Behind the scenes on MatapihiSeptember 7th, 2007
Matapihi is no more! But everything that was in there is now findable in DigitalNZ – Ed.
We have just completed adding more than 600 new artworks, paintings and drawings to Matapihi. These items come from War Art Online, a new digital collection from Archives New Zealand Te Rua Mahara o te Kāwanatanga.
Matapihi is a collaborative project, initialised at the National Digital Forum, as a window to the rich and varied "digital collections of different New Zealand organisations". The website was the recipient of the Créme de la Créme Innovation award in the 2004 TUANZ (e)-vision Awards.
Getting the metadata
Staff at the National Library have been involved in the software and website build, and work collaboratively with peers in partner organisations to organise the metadata that goes into Matapihi. The metadata standard for Matapihi is Dublin Core, XML/RDF and XLINK.
QA and Pre-processing
It is never a straight-forward process, bringing divergent data together from different sources. Once we receive the XML metadata, it goes through a quality assessment (QA) process and we hold discussions with the provider (there may be several rounds of these). Then we put it through a custom-made Java pre-processing program, which parses the data and perform required transformations including
- the expanded form of country abbreviations
- the expanded form of language abbreviations
- expanding date ranges
- replacing non-standard unicode with standard unicode characters
- including the partner label in each record, when it doesn't exist
These transformations make the data better accessible to searchers and to display in proper form across all supported browsers. We built the pre-processor program, over one and a half months, to cover the various types of data processing - file, string and XML. The Java side of the program does the string manipulation - extracting and merging records with files, unicode processing and the like. The XSLT transformations handle the XML metadata level manipulation. The pre-processor outputs system-digestable size metadata load files of 1000 records each.
Loading and configuration
Once the metadata files are ready, they are loaded to a institution-specific 'container' in the repository. The container is then linked to an online collection for that particular institution. Finally, all these collections are then linked together in one Matapihi collection. However, the separate institution collections facilitate an advanced search on a particular institution.
Showcases and Lucky Dip
After the metadata load, the next steps are to include the latest records in the various features we have to make them more accessible. Yes, I'm referring to the Showcases and Lucky Dips.
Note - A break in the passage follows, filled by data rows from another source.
-- ===== src/Cas/Store/Ingest/Walk.antt =====
-- crates/jet-cas/src/store.rs: the walk of an ingestion, whatever it meets.
use jetrun.Prelude.{
  ℕ, ok, err, List, [], ◌∷◌, ◌++◌, Result, Bytes, All, All-split, ◌≡◌, refl, inl, inr, ◌∙◌, sym, ap,
  subst, codes,
}
use jetrun.Cas.Name.{TreeError}
use jetrun.Cas.Name as EntryName
use jetrun.Cas.Name.Order.{bytes_cmp-eq}
use jetrun.Cas.Name.Valid.{new-same}
use jetrun.Cas.Tree.{Tree, Node, dir, insert}
use jetrun.Cas.Tree.Sorted.{All-insert}
use jetrun.Cas.Store.{Object, CasError, PathBuf, tree_digest}
use jetrun.Cas.Store.Put.{Durability, Staging, Reads, Shelf, io_of}
use jetrun.Cas.Store.Ingest.{
  Dir, unreadable, readable, Entries, no_entries, bad_entry, entry, File, unstatable, symlink_to,
  directory, regular, special, ingest_dir_inner, ingest_entries, ingest_entry, ingest_dir, named,
}
use jetrun.Cas.Store.Ingest.Kept.{
  IsStored, IsPresent, AllPresent, AllPresent-kept, Grows-trans, files_of, files_in, files_at,
  IsFileOf,
}
use jetrun.Cas.Store.Ingest.Listing.{
  Has, HasNames, Has-insert, Has-insert_kept, IsListing, IsListed, IsNodeOf,
}
use jetrun.Cas.Store.Ingest.Steps.{
  io_of-ok, Onward, Onward-map, onward, stays, read_only, put_file-Onward, put_tree-Onward,
}

-- The digest of the directory's manifest, in the store with all that its entries point to.
abbrev pub IsIngested : (Bytes → Bytes) → (Bytes → Bytes) → Dir → Bytes → List Object → Type 0
IsIngested blob_digest tree_hash d digest objects =
    (t : Tree) × (digest ≡ tree_digest tree_hash t)
    × IsListing blob_digest tree_hash d t
    × AllPresent objects t
    × IsStored objects digest

named-same : (raw name : Bytes) → named (EntryName.new raw) ≡ ok name → name ≡ raw
named-same raw name h = through (EntryName.new raw) refl h
  where
    through : (r : Result Bytes TreeError) → EntryName.new raw ≡ r → named r ≡ ok name → name ≡ raw
    through (ok m) e q = subst (λ k. k ≡ raw) (ok-same q) (new-same raw m e)
      where
        ok-same : ◌≡◌ {A = Result Bytes CasError} (ok m) (ok name) → m ≡ name
        ok-same q = cc
    through (err e) p q = cc

module _ (hex_encode : Bytes → Bytes) (root : PathBuf) (durability : Durability) (now : ℕ)
    (blob_digest tree_hash : Bytes → Bytes) where
  module _ (P : Reads → Type 0) where
    abbrev pub Goes :
        {A : Type 0} → Shelf → (A → List Object → Type 0) → Result A CasError × Shelf → Type 0
    Goes s Q r = Onward blob_digest tree_hash P s Q r

    abbrev Full : Dir → Tree → List Object → Type 0
    Full d t objects = AllPresent objects t × IsListing blob_digest tree_hash d t

    abbrev Placed : File → Node → List Object → Type 0
    Placed f node objects = IsPresent objects node × IsNodeOf blob_digest tree_hash f node

    abbrev Listed : Entries → Bytes × Node → Type 0
    Listed entries e = IsListed blob_digest tree_hash entries e

    -- The manifest after some of all the entries: what is in it is of them, these have their names in it,
    -- and so has what was there.
    abbrev Gone : Entries → Entries → Tree → Tree → List Object → Type 0
    Gone whole entries acc t objects =
        AllPresent objects t
        × All (Listed whole) t
        × HasNames entries t
        × ((name : Bytes) → Has name acc → Has name t)

    mutual
      unfolding ingest_dir_inner ingest_entries ingest_entry files_of files_in files_at IsListing
          IsListed IsNodeOf

      ingest_dir_inner-Onward :
          (d : Dir) (path : PathBuf) (s : Shelf)
          → All P (files_of d)
          → Goes s
              (Full d)
              (ingest_dir_inner hex_encode root durability now blob_digest tree_hash d path s)
      ingest_dir_inner-Onward (unreadable e) path s h = stays blob_digest tree_hash P s
      ingest_dir_inner-Onward (readable entries) path s h =
          Onward-map blob_digest tree_hash P s s (Gone entries entries []) (Full (readable entries))
            (stays blob_digest tree_hash P s)
            (λ t s1 _ (present, listed, names, _). (present, (listed, names))) _
            (ingest_entries-Onward entries entries path [] s (λ e l. l) h tt tt)

      ingest_entries-Onward :
          (whole entries : Entries) (path : PathBuf) (acc : Tree) (s : Shelf)
          → ((e : Bytes × Node) → Listed entries e → Listed whole e)
          → All P (files_in entries)
          → AllPresent s.objects acc
          → All (Listed whole) acc
          → Goes s (Gone whole entries acc) (
              ingest_entries hex_encode root durability now blob_digest tree_hash entries path acc
                s)
      ingest_entries-Onward whole no_entries path acc s f h a l =
          (stays blob_digest tree_hash P s, (a, l, tt, λ name m. m))
      ingest_entries-Onward whole (bad_entry e) path acc s f h a l = stays blob_digest tree_hash P s
      ingest_entries-Onward whole (entry raw found rest) path acc s f h a l =
          let (here, there) = All-split P (files_at found) (files_in rest) h in
          onward blob_digest tree_hash P s (λ u _. _ ≡ _) (Gone whole (entry raw found rest) acc) _
            _ (read_only blob_digest tree_hash P s _)
            λ _ s1 g1 _.
              onward blob_digest tree_hash P s1 (λ name _. named (EntryName.new raw) ≡ ok name)
                (Gone whole (entry raw found rest) acc) _ _
                (read_only blob_digest tree_hash P s1 (named (EntryName.new raw)))
                λ name s2 g2 q.
                  onward blob_digest tree_hash P s2 (Placed found)
                    (Gone whole (entry raw found rest) acc) _ _
                    (ingest_entry-Onward found (path ++ (raw ∷ [])) s2 here)
                    λ node s3 g3 (p, n).
                      let same = named-same raw name q in
                      Onward-map blob_digest tree_hash P s3 s3
                        (Gone whole rest (insert name node acc).0)
                        (Gone whole (entry raw found rest) acc) (stays blob_digest tree_hash P s3)
                        (λ t s4 _ (present, listed, names, earlier). (
                          present,
                          listed,
                          (
                            subst (λ k. Has k t) same (earlier name (Has-insert name node acc)),
                            names,
                          ),
                          λ k m. earlier k (Has-insert_kept k name node acc m),
                        ))
                        _
                        (ingest_entries-Onward whole rest path (insert name node acc).0 s3
                          (λ e m. f e (inr m)) there
                          (All-insert (λ e. IsPresent s3.objects e.1) name node acc (λ k e. p) p
                            (AllPresent-kept blob_digest tree_hash P
                              (Grows-trans blob_digest tree_hash P g1
                                (Grows-trans blob_digest tree_hash P g2 g3))
                              acc a))
                          (All-insert (Listed whole) name node acc
                            (λ k e. f (k, node) (inl (sym (bytes_cmp-eq name k e) ∙ same, n)))
                            (f (name, node) (inl (same, n))) l))

      ingest_entry-Onward :
          (f : File) (path : PathBuf) (s : Shelf)
          → All P (files_at f)
          → Goes s
              (Placed f)
              (ingest_entry hex_encode root durability now blob_digest tree_hash f path s)
      ingest_entry-Onward (unstatable e) path s h = stays blob_digest tree_hash P s
      ingest_entry-Onward (symlink_to link) path s h =
          onward blob_digest tree_hash P s
            (λ target _. io_of (codes "read_link") path link ≡ ok target) (Placed (symlink_to link))
            _ _ (read_only blob_digest tree_hash P s (io_of (codes "read_link") path link))
            λ target s1 _ q.
              onward blob_digest tree_hash P s1 (λ u _. _ ≡ _) (Placed (symlink_to link)) _ _
                (read_only blob_digest tree_hash P s1 _)
                λ _ s2 _ _. (
                  stays blob_digest tree_hash P s2,
                  (tt, (target, io_of-ok _ path link target q, refl)),
                )
      ingest_entry-Onward (directory d staging) path s h =
          onward blob_digest tree_hash P s (Full d) (Placed (directory d staging)) _ _
            (ingest_dir_inner-Onward d path s h)
            λ t s1 _ (_, listing).
              onward blob_digest tree_hash P s1
                (λ digest objects. (digest ≡ tree_digest tree_hash t) × IsStored objects digest)
                (Placed (directory d staging)) _ _
                (put_tree-Onward blob_digest tree_hash P hex_encode root durability now staging t
                  s1)
                λ digest s2 _ (e, p).
                  (stays blob_digest tree_hash P s2, (p, (t, ap dir e, listing)))
      ingest_entry-Onward (regular reads executable) path s h =
          onward blob_digest tree_hash P s
            (λ a objects. IsFileOf blob_digest reads a × IsStored objects a.0)
            (Placed (regular reads executable)) _ _
            (put_file-Onward blob_digest tree_hash P hex_encode root durability now reads path s
              (h.0))
            λ a s1 _ (of, p). (stays blob_digest tree_hash P s1, (p, (a, of, refl)))
      ingest_entry-Onward special path s h = stays blob_digest tree_hash P s

    pub ingest_dir-Onward :
        (d : Dir) (staging : Staging) (path : PathBuf) (s : Shelf)
        → All P (files_of d)
        → Goes s
            (IsIngested blob_digest tree_hash d)
            (ingest_dir hex_encode root durability now blob_digest tree_hash d staging path s)
    unfolding ingest_dir
    ingest_dir-Onward d staging path s h =
        onward blob_digest tree_hash P s (Full d) (IsIngested blob_digest tree_hash d) _ _
          (ingest_dir_inner-Onward d path s h)
          λ t s1 _ (full, listing).
            Onward-map blob_digest tree_hash P s1 s1
              (λ digest objects. (digest ≡ tree_digest tree_hash t) × IsStored objects digest)
              (IsIngested blob_digest tree_hash d) (stays blob_digest tree_hash P s1)
              (λ digest s2 g (e, stored).
                (t, e, listing, AllPresent-kept blob_digest tree_hash P g t full, stored))
              _
              (put_tree-Onward blob_digest tree_hash P hex_encode root durability now staging t s1)
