-- ===== src/Cas/Store/Ingest/Grown.antt =====
-- crates/jet-cas/src/store.rs: an ingestion, whatever it meets.
use jetrun.Prelude.{
  ℕ, ok, err, either, List, [], ◌∷◌, Result, Bytes, All, In, ◌≡◌, refl, ◌⊎◌, inl, inr, ◌∙◌, sym, ap,
}
use jetrun.Prelude.Stateful.{Outcome}
use jetrun.Cas.Store.{Object, CasError, PathBuf}
use jetrun.Cas.Store.Put.{Durability, Staging, Reads, Shelf}
use jetrun.Cas.Store.Ingest.{Dir, ingest_dir}
use jetrun.Cas.Store.Ingest.Kept.{files_of, IsHashed, IsNew, Grows}
use jetrun.Cas.Store.Ingest.Walk.{Goes, IsIngested, ingest_dir-Onward}

-- A file that does not change: what is placed or copied is what was hashed.
abbrev pub IsSteady : Reads → Type 0
IsSteady r =
    (contents : Bytes) → IsHashed r contents → (r.placed ≡ contents) × (r.copied ≡ contents)

-- An object under the digest of its contents.
abbrev pub IsNamed : (Bytes → Bytes) → (Bytes → Bytes) → Object → Type 0
IsNamed blob_digest tree_hash o = (o.digest ≡ blob_digest o.bytes) ⊎ (o.digest ≡ tree_hash o.bytes)

module _ (hex_encode : Bytes → Bytes) (root : PathBuf) (durability : Durability) (now : ℕ)
    (blob_digest tree_hash : Bytes → Bytes) where
  each-In : (rs rest : List Reads) → ((r : Reads) → In r rest → In r rs) → All (λ r. In r rs) rest
  each-In rs [] f = tt
  each-In rs (r ∷ rest) f = (f r (inl refl), each-In rs rest (λ q m. f q (inr m)))

  -- Whatever is in the directory and in the store, however its files change while they are read and the
  -- system calls end, and whether ingest_dir succeeds or fails: every object that could be read before
  -- is read as before. An object that is new is a manifest under the digest of its contents, or it is
  -- of a file of the directory: its name is the digest of what a hashing read of the file gave, and
  -- its contents are what the placing, or the plain copy, found. On success the digest is that of the
  -- directory's manifest: each of its entries is one of the directory, under its name, a link with its
  -- target, a subdirectory with the digest of its own manifest, or a file with the digest of what a
  -- hashing read of it gave, the size that it had and whether its owner may execute it; and every name
  -- of the directory is there. An object of this digest is in the store, and so is every blob and every
  -- manifest that the entries name.
  pub ingest_dir-Grows :
      (d : Dir) (staging : Staging) (path : PathBuf) (s : Shelf)
      → Outcome
          (λ digest after.
            Grows blob_digest tree_hash (λ r. In r (files_of d)) s.objects after.objects
            × IsIngested blob_digest tree_hash d digest after.objects)
          (λ e after. Grows blob_digest tree_hash (λ r. In r (files_of d)) s.objects after.objects)
          (ingest_dir hex_encode root durability now blob_digest tree_hash d staging path s)
  ingest_dir-Grows d staging path s =
      ingest_dir-Onward hex_encode root durability now blob_digest tree_hash
        (λ r. In r (files_of d)) d staging path s (each-In (files_of d) (files_of d) (λ r m. m))

  IsNew-IsNamed :
      (o : Object) → IsNew blob_digest tree_hash IsSteady o → IsNamed blob_digest tree_hash o
  IsNew-IsNamed o (inl q) = inr q
  IsNew-IsNamed o (inr (r, steady, (contents, h, d, inl b))) =
      inl (d ∙ ap blob_digest (sym ((steady contents h).0) ∙ sym b))
  IsNew-IsNamed o (inr (r, steady, (contents, h, d, inr b))) =
      inl (d ∙ ap blob_digest (sym ((steady contents h).1) ∙ sym b))

  -- When no file of the directory changes between the read that is hashed and the one that is stored:
  -- however the system calls end, and whether ingest_dir succeeds or fails, every object that is in the
  -- store afterwards and was not before is named by the digest of its contents.
  pub ingest_dir-IsNamed :
      (d : Dir) (staging : Staging) (path : PathBuf) (s : Shelf) (o : Object)
      → All IsSteady (files_of d)
      → In o
          (ingest_dir hex_encode root durability now blob_digest tree_hash d staging path
            s).1.objects
      → In o s.objects ⊎ IsNamed blob_digest tree_hash o
  ingest_dir-IsNamed d staging path s o steady m =
      old_or_named _
        (ingest_dir-Onward hex_encode root durability now blob_digest tree_hash IsSteady d staging
          path s steady)
        m
    where
      old_or_named :
          (r : Result Bytes CasError × Shelf)
          → Goes hex_encode root durability now blob_digest tree_hash IsSteady s
              (IsIngested blob_digest tree_hash d)
              r
          → In o r.1.objects
          → In o s.objects ⊎ IsNamed blob_digest tree_hash o
      old_or_named (ok digest, after) (g, p) m =
          either (g.added o m) inl (λ n. inr (IsNew-IsNamed o n))
      old_or_named (err e, after) g m = either (g.added o m) inl (λ n. inr (IsNew-IsNamed o n))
Showcases are collections defined in our digital repository system. Showcases are meant to provide a way for users to browse through items based on a particular subject or theme such as Kiwiana, Self-portraits, Native Birds and many more. Authorised curators for each institution, select items that belong to a showcase theme. Then, the selected items are added to the relevant showcase collection.
Lucky dip is custom program, written in Perl, that is designed to bring you a random image from the collections, every time you click on the link. Once the partners data is added to the repository, all their item numbers are added to this program. Different partners may supply different number of items, so this program has a weight value assigned to each partner's collection. This value enables each partner to have equal chance of coming up in Lucky Dip, no matter if they have 300 items or 50,000. We do try to be fair.
Other considerations - Tagging
The War Art Online project has done a very nice implementation of tagging. A user can go to any image and add tags relevantto the image contents. Naturally, there have been some queries about tagging in Matapihi. Our current build of Matapihi is based on systems defined in 2004, when tagging wasn't such a common feature. We are in the process of looking at the next generation of platforms that provide this and other related functionality.